As a Drupal web developer, it can be frightening to encounter a so-called segmentation fault or segfault. This is a type of failure raised by hardware with memory protection, notifying you that the software has attempted to access a restricted area of memory. This kind of fault is common in languages with low-level memory management, such as C. Coding in a scripting language like PHP usually implies that you will be spared from segfaults, but on rare occasions these kind of errors can still pop up. And if they do, they tend to leave no stack trace or meaningful error clue in the PHP log. This is because segfault errors originate in the layers located below the PHP engine. Let me talk you through a recent consulting project that involved a curious segmentation fault.
Segfault case study
Not so long ago, one of our clients started experiencing seemingly random ‘503 service unavailable’ errors, at random times on random pages. That’s plenty of randomness, without much of a clue to start from.
The segfaults had started occurring after an update from PHP 5.6 to PHP 7.2 and the switch from mod_php - PHP is executed as a module within the Apache process - to PHP-FPM. Just to clarify: PHP runs as a standalone service that Apache connects to.
We tried to reproduce the errors on a copy of the site and infrastructure of the project. The segfault was only reproducible when we ran a scraping tool on the site. There was no apparent connection between the pages it occurred on, and the error came up with less than 1% of the total requests. Looking at the logs, there seemed to be no direct cause for this error.

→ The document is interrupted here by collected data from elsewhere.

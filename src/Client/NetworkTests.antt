-- ===== src/Client/NetworkTests.antt =====
-- An open file on a disk in memory behind the server and an encrypted stream, and the theorem at this
-- input.
use netfilum.Prelude.{List, ◌∷◌, ◌⊎◌, inl, inr, ◌≡◌, refl, sym, subst, []}
use netfilum.Prelude.Texts.{Bytes, codes}
use netfilum.Prelude.Results.{ok}
use netfilum.Protocol.{file, Request}
use netfilum.Protocol.Errors.{rpc_error_from}
use netfilum.Paths.{join, path_starts_with}
use netfilum.Rpc.{seal, encrypt, decrypt, write_message, read_message}
use netfilum.Rpc.Buffer.{read_exact}
use netfilum.Server.Serve.{serve_connection}
use netfilum.Client.Peer.{answer, peer_read}
use netfilum.Rpc.Toy.{toy, toy-IsCrypto}
use netfilum.Server.Path.{normalize_relative_path}
use netfilum.Server.Fs.Memory.{Disk, find, slot_at, remove, unlink}
use netfilum.Server.Fs.Memory.Model.{memory}
use netfilum.Server.Codecs.{removals, removals-IsCodec, outcomes, outcomes-IsCodec}
use netfilum.Server.Sample.{disk, server}
use netfilum.Server.Resolve.{resolve_existing}
use netfilum.Server.Files.{remove_file}
use netfilum.Server.Dispatch.{dispatch}
use netfilum.Client.MountState.{initial}
use netfilum.Client.Context.{RpcFsContext, new_file_context, call}
use netfilum.Client.RpcClient.{RpcClient, send}
use netfilum.Client.Sample.{winfsp}
use netfilum.Client.Operations.{Opened, cleanup, should_delete}
use netfilum.Client.Operations.Performed.{Operation}
use netfilum.Client.Operations.Requests.{Asked}
use netfilum.Client.Operations.Replies.{replying, replying_all}
use netfilum.Client.Networked.{
  networked, directly, same_fs, Nonces, Carries, CarriedAlong, networked-served,
}
use netfilum.Client.Served.{served}
use netfilum.Client.Context.{Environment}

abbrev client : RpcClient
client = record { addr = codes "127.0.0.1:5001"; timeout = 5; cipher = [] }

abbrev nonces : Nonces
nonces k = (codes "123456789012", codes "abcdefghijkl")

abbrev through : Environment
through = networked toy memory server removals outcomes client nonces winfsp

-- The file `b`, which holds `hello`.
abbrev opened : Opened through
opened = record {
  mounted = record { world = record { disk = disk; connections = 0 }; mount_state = initial };
  context = new_file_context through (codes "b") file;
}

abbrev fs : RpcFsContext through
fs = record { security_descriptor = []; volume_label = codes "disk" }

-- The file is deleted when it is cleaned up.
abbrev deleting : Operation
deleting = Operation.cleanup 1

abbrev request : Request
request = Request.remove_file (codes "b")

abbrev after : Disk
after = (dispatch memory server request disk).1

abbrev Allowed : Disk → Type 0
Allowed s = (s ≡ disk) ⊎ (s ≡ after)

-- The file cannot be removed twice.
removed : (dispatch memory server request after).1 ≡ after
unfolding dispatch remove_file resolve_existing normalize_relative_path join path_starts_with find
    slot_at remove unlink
removed = refl

-- What holds on both disks holds on those that are allowed.
on_both : (P : Disk → Type 0) → P disk → P after → (s : Disk) → Allowed s → P s
on_both P p q s (inl h) = subst P (sym h) p
on_both P p q s (inr h) = subst P (sym h) q

abbrev IsAnswered : Disk → Type 0
IsAnswered s =
    (b : Bytes) × (seal toy outcomes [] (codes "abcdefghijkl") (dispatch memory server request s).0
      ≡ ok b)

answered : IsAnswered disk × IsAnswered after
unfolding seal encrypt dispatch remove_file resolve_existing normalize_relative_path join
    path_starts_with find slot_at remove unlink rpc_error_from
answered = ((_, refl), (_, refl))

sent : (b : Bytes) × (seal toy removals [] (codes "123456789012") request ≡ ok b)
unfolding seal encrypt
sent = (_, refl)

carried :
    Carries toy memory server removals outcomes client nonces
      (Asked (codes "b") file deleting)
      Allowed
carried = record {
  stays = λ r s e a.
      rw e
        (on_both (λ x. Allowed (dispatch memory server request x).1) (inr refl) (inr removed) s a);
  lengths = λ k. (refl, refl);
  sent = λ r s k e a. rw e sent;
  answered = λ r s k e a. rw e (on_both IsAnswered answered.0 answered.1 s a);
}

-- The second removal fails, and the file is gone.
abbrev operations : List Operation
operations = deleting ∷ deleting ∷ []

abbrev direct : Opened (served winfsp memory server)
direct = directly toy memory server removals outcomes client nonces winfsp opened

abbrev direct_fs : RpcFsContext (served winfsp memory server)
direct_fs = same_fs toy memory server removals outcomes client nonces winfsp fs

removed_through : (replying through fs deleting opened).1.mounted.world.disk ≡ after
unfolding cleanup should_delete call send write_message read_message answer peer_read read_exact
    serve_connection seal encrypt decrypt dispatch remove_file resolve_existing
    normalize_relative_path join path_starts_with find slot_at remove unlink
removed_through = refl

carried_along :
    CarriedAlong toy memory server removals outcomes client nonces winfsp fs operations opened
unfolding cleanup
carried_along = ((Allowed, carried, inl refl), ((Allowed, carried, inr removed_through), tt))

networked-served_example :
    ((replying_all through fs operations opened).0
      ≡ (replying_all (served winfsp memory server) direct_fs operations direct).0)
    × (directly toy memory server removals outcomes client nonces winfsp
          (replying_all through fs operations opened).1
        ≡ (replying_all (served winfsp memory server) direct_fs operations direct).1)
networked-served_example =
    networked-served toy memory server removals outcomes client nonces toy-IsCrypto removals-IsCodec
      outcomes-IsCodec refl winfsp fs operations opened carried_along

[proxy_fcgi:error] [pid 10272] AH01067: Failed to read FastCGI header[proxy_fcgi:error] [pid 10272] (104)Connection reset by peer: AH01075: Error dispatching request to ****
Example of the unhelpful Apache error message
The message above only tells us that something went wrong, but it provides no indication as to what the cause might be. Next, the PHP-FPM log indicated a segmentation fault:
WARNING: [pool web] child 3824 exited on signal 11 (SIGSEGV) after 3.353763 seconds from start
The syslog entry didn’t turn out to be very helpful either:
kernel: [4734894.041892] traps: php-fpm7.2[3760] general protection ip:555ce4cb6342 sp:7ffccab418c8 error:0kernel: [4734894.041897] in php-fpm7.2[555ce4a51000+411000]
To find out what the root cause might be, we needed to recompile PHP with debugging enabled. This allowed us to produce core dumps, which contain a full backtrace. A backtrace is a summary of how the program got to a particular point. It displays one line per frame for many frames, starting with the frame that is currently being executed. I suggest finding a guide like this one on how to compile your php with debugging enabled.

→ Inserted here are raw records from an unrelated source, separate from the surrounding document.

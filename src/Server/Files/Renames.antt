-- ===== src/Server/Files/Renames.antt =====
-- `RpcServer::rename` of crates/netfilum-server/src/server.rs.
use netfilum.Prelude.{ℕ, ◌≡◌, ap, ◌∙◌, arith, true, false, none, Bool-cases, ◌⊎◌, inl, inr}
use netfilum.Prelude.Texts.{Text, codes}
use netfilum.Prelude.Results.{ok, err, map_err, Result-cases}
use netfilum.Protocol.{ErrorCode}
use netfilum.Protocol.Errors.{IoError, rpc_error_from}
use netfilum.Paths.{PathBuf, path_starts_with}
use netfilum.Server.Fs.{Fs, Metadata, succeeds}
use netfilum.Server.Fs.View.{View, IsFileSystem}
use netfilum.Server.Resolve.{RpcServer, resolve_existing, resolve_for_new_path}
use netfilum.Server.Resolve.Laws.{resolve_existing-keeps, resolve_for_new_path-keeps}
use netfilum.Server.Files.{rpc_error, rename}
use netfilum.Server.Contract.Laws.{missing}

module _ (F : Fs) (server : RpcServer) (from to : Text) (s : F.State) (p q : PathBuf) where
  -- Both paths of a request are accepted.
  abbrev pub Accepted : Type 0
  Accepted =
      ((resolve_existing F server from s).0 ≡ ok p)
      × ((resolve_for_new_path F server to s).0 ≡ ok q)

  -- A rename that must not replace, to a path where something stands, fails with `AlreadyExists` and
  -- leaves the disk as it was.
  pub rename-taken :
      Accepted
      → succeeds (F.metadata q s) ≡ true
      → rename F server from to false s
        ≡ (err (rpc_error ErrorCode.already_exists (codes "target already exists")), s)
  unfolding rename
  rename-taken a h =
      ground
        (arith, resolve_existing-keeps F server from s, resolve_for_new_path-keeps F server to s)

  rename-free :
      Accepted
      → succeeds (F.metadata q s) ≡ false
      → rename F server from to false s
        ≡ (map_err rpc_error_from (F.rename p q s).0, (F.rename p q s).1)
  unfolding rename
  rename-free a h =
      ground
        (arith, resolve_existing-keeps F server from s, resolve_for_new_path-keeps F server to s)

  rename-file :
      (m : Metadata)
      → Accepted
      → F.metadata q s ≡ ok m
      → m.is_dir ≡ false
      → m.is_file ≡ true
      → (F.remove_file q s).0 ≡ ok tt
      → let t = (F.remove_file q s).1 in
        rename F server from to true s
        ≡ (map_err rpc_error_from (F.rename p q t).0, (F.rename p q t).1)
  unfolding rename
  rename-file m a e d f r =
      ground
        (arith, resolve_existing-keeps F server from s, resolve_for_new_path-keeps F server to s)

  rename-directory :
      (m : Metadata)
      → Accepted
      → F.metadata q s ≡ ok m
      → m.is_dir ≡ true
      → (F.remove_dir_all q s).0 ≡ ok tt
      → let t = (F.remove_dir_all q s).1 in
        rename F server from to true s
        ≡ (map_err rpc_error_from (F.rename p q t).0, (F.rename p q t).1)
  unfolding rename
  rename-directory m a e d r =
      ground
        (arith, resolve_existing-keeps F server from s, resolve_for_new_path-keeps F server to s)

module _ (F : Fs) (V : View F) (L : IsFileSystem F V) (server : RpcServer) where
  -- What a rename without replacement leaves behind.
  abbrev pub HasMoved : Text → Text → F.State → Type 0
  HasMoved from to s =
      (p : PathBuf) × (q : PathBuf) × Accepted F server from to s p q
      × (succeeds (F.metadata q s) ≡ false)
      × (V.inode p (rename F server from to false s).1 ≡ none)
      × ((V.is_link p s ≡ true) ⊎ (V.inode q (rename F server from to false s).1 ≡ V.inode p s))
      × ((i : ℕ) → V.content i (rename F server from to false s).1 ≡ V.content i s)

  -- A rename that must not replace and that succeeds: both paths are accepted, nothing stood at the
  -- new path, the old path stands for nothing, the new path stands for the file that the old one
  -- stood for, unless the old one was itself a symbolic link, and every file keeps its bytes.
  pub rename-moves :
      (from to : Text) (s : F.State)
      → (rename F server from to false s).0 ≡ ok tt
      → HasMoved from to s
  unfolding rename
  rename-moves from to s h =
      let keeps = resolve_existing-keeps F server from s in
      elim (Result-cases (resolve_existing F server from s).0) [
        | inr (x, e) ↦ absurd (ground arith)
        | inl (p, e) ↦ elim (Result-cases (resolve_for_new_path F server to s).0) [
          | inr (x, k) ↦ absurd (ground (arith, keeps))
          | inl (q, k) ↦ elim (Bool-cases (succeeds (F.metadata q s))) [
            | inl taken ↦ absurd (ground (arith, rename-taken F server from to s p q (e, k) taken))
            | inr free ↦
                let done = rename-free F server from to s p q (e, k) free in
                let works : (F.rename p q s).0 ≡ ok tt = ground (arith, done) in
                let gone = L.rename_gone p q s (missing F V L server q s free) works in
                (
                  p,
                  q,
                  (e, k),
                  free,
                  ap (λ r. V.inode p r.1) done ∙ gone,
                  elim (Bool-cases (V.is_link p s)) [
                    | inl link ↦ inl link
                    | inr plain ↦ inr (ap (λ r. V.inode q r.1) done ∙ L.rename p q s plain works)
                  ],
                  λ i. ap (λ r. V.content i r.1) done ∙ L.rename_content p q s works i,
                )
          ]
        ]
      ]

  -- The request failed, and the path stands for nothing.
  abbrev pub HasLost : Text → Text → F.State → PathBuf → Type 0
  HasLost from to s p =
      (e : IoError) × ((rename F server from to true s).0 ≡ err (rpc_error_from e))
      × (V.inode p (rename F server from to true s).1 ≡ none)

  -- A rename that may replace, of a file to its own path, deletes the file where the operating system
  -- can remove it: the request removes what stands at the target before it renames, and where this
  -- removal succeeds, the request ends in an error and the path stands for nothing.
  pub rename-self_deletes :
      (from to : Text) (s : F.State) (p : PathBuf) (m : Metadata)
      → Accepted F server from to s p p
      → F.metadata p s ≡ ok m
      → m.is_dir ≡ false
      → m.is_file ≡ true
      → (F.remove_file p s).0 ≡ ok tt
      → HasLost from to s p
  rename-self_deletes from to s p m a found d f removed =
      let t = (F.remove_file p s).1 in
      let gone = L.remove_file p s removed in
      let (e, failed) = L.rename_missing p p t gone.2 gone.0 in
      let done = rename-file F server from to s p p m a found d f removed in
      (
        e,
        ap (λ r. r.0) done ∙ ap (λ r. map_err rpc_error_from r.0) failed,
        ap (λ r. V.inode p r.1) done ∙ ap (λ r. V.inode p r.1) failed ∙ gone.0,
      )

  -- A rename that may replace, to a directory which the path lies in, or to the path itself where that
  -- is a directory, deletes what is at the path with the whole directory where the operating system
  -- can remove it: the target is removed with all that is in it before the rename, and where this
  -- removal succeeds, the request ends in an error and the path stands for nothing.
  pub rename-inside_deletes :
      (from to : Text) (s : F.State) (p q : PathBuf) (m : Metadata)
      → Accepted F server from to s p q
      → path_starts_with p q ≡ true
      → F.metadata q s ≡ ok m
      → m.is_dir ≡ true
      → (F.remove_dir_all q s).0 ≡ ok tt
      → HasLost from to s p
  rename-inside_deletes from to s p q m a inside found d removed =
      let t = (F.remove_dir_all q s).1 in
      let gone = L.remove_dir_all q p s removed inside in
      let (e, failed) = L.rename_missing p q t gone.2 gone.0 in
      let done = rename-directory F server from to s p q m a found d removed in
      (
        e,
        ap (λ r. r.0) done ∙ ap (λ r. map_err rpc_error_from r.0) failed,
        ap (λ r. V.inode p r.1) done ∙ ap (λ r. V.inode p r.1) failed ∙ gone.0,
      )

After compiling PHP, we copied the php.ini and pool config from the original PHP version to the freshly compiled one. Next, we altered the config, so now the PHP-FPM pool used a separate name and socket path, and we changed that socket in the vhost. After starting the new PHP-FPM instance and running the crawler to reproduce the issue, we quickly saw the same 503 errors showing up, but this time with a core dump. We started comparing the dumps and tried to find a pattern. Fortunately, most cases pointed to the same thing: the unserialize() function of large objects. This made us look for specific PHP bugs that involved unserializing or memory allocation. We found an interesting one - in fact, someone had encountered almost the same issue before.
We decided to try the same approach by disabling garbage collection in the settings file:
ini_set('zend.enable_gc', 0);
We reran the scraper for multiple hours and no issues occurred. There are other documented cases where PHP’s garbage collection interferes with Drupal’s processing of huge amounts of data and objects. Because disabling the garbage collection globally could have negative effects on the resource consumption of the live site, we also looked for a way to only disable garbage collection partially. This is indeed possible by patching includes/ so _cache_get_object doesn’t run gc while fetching data.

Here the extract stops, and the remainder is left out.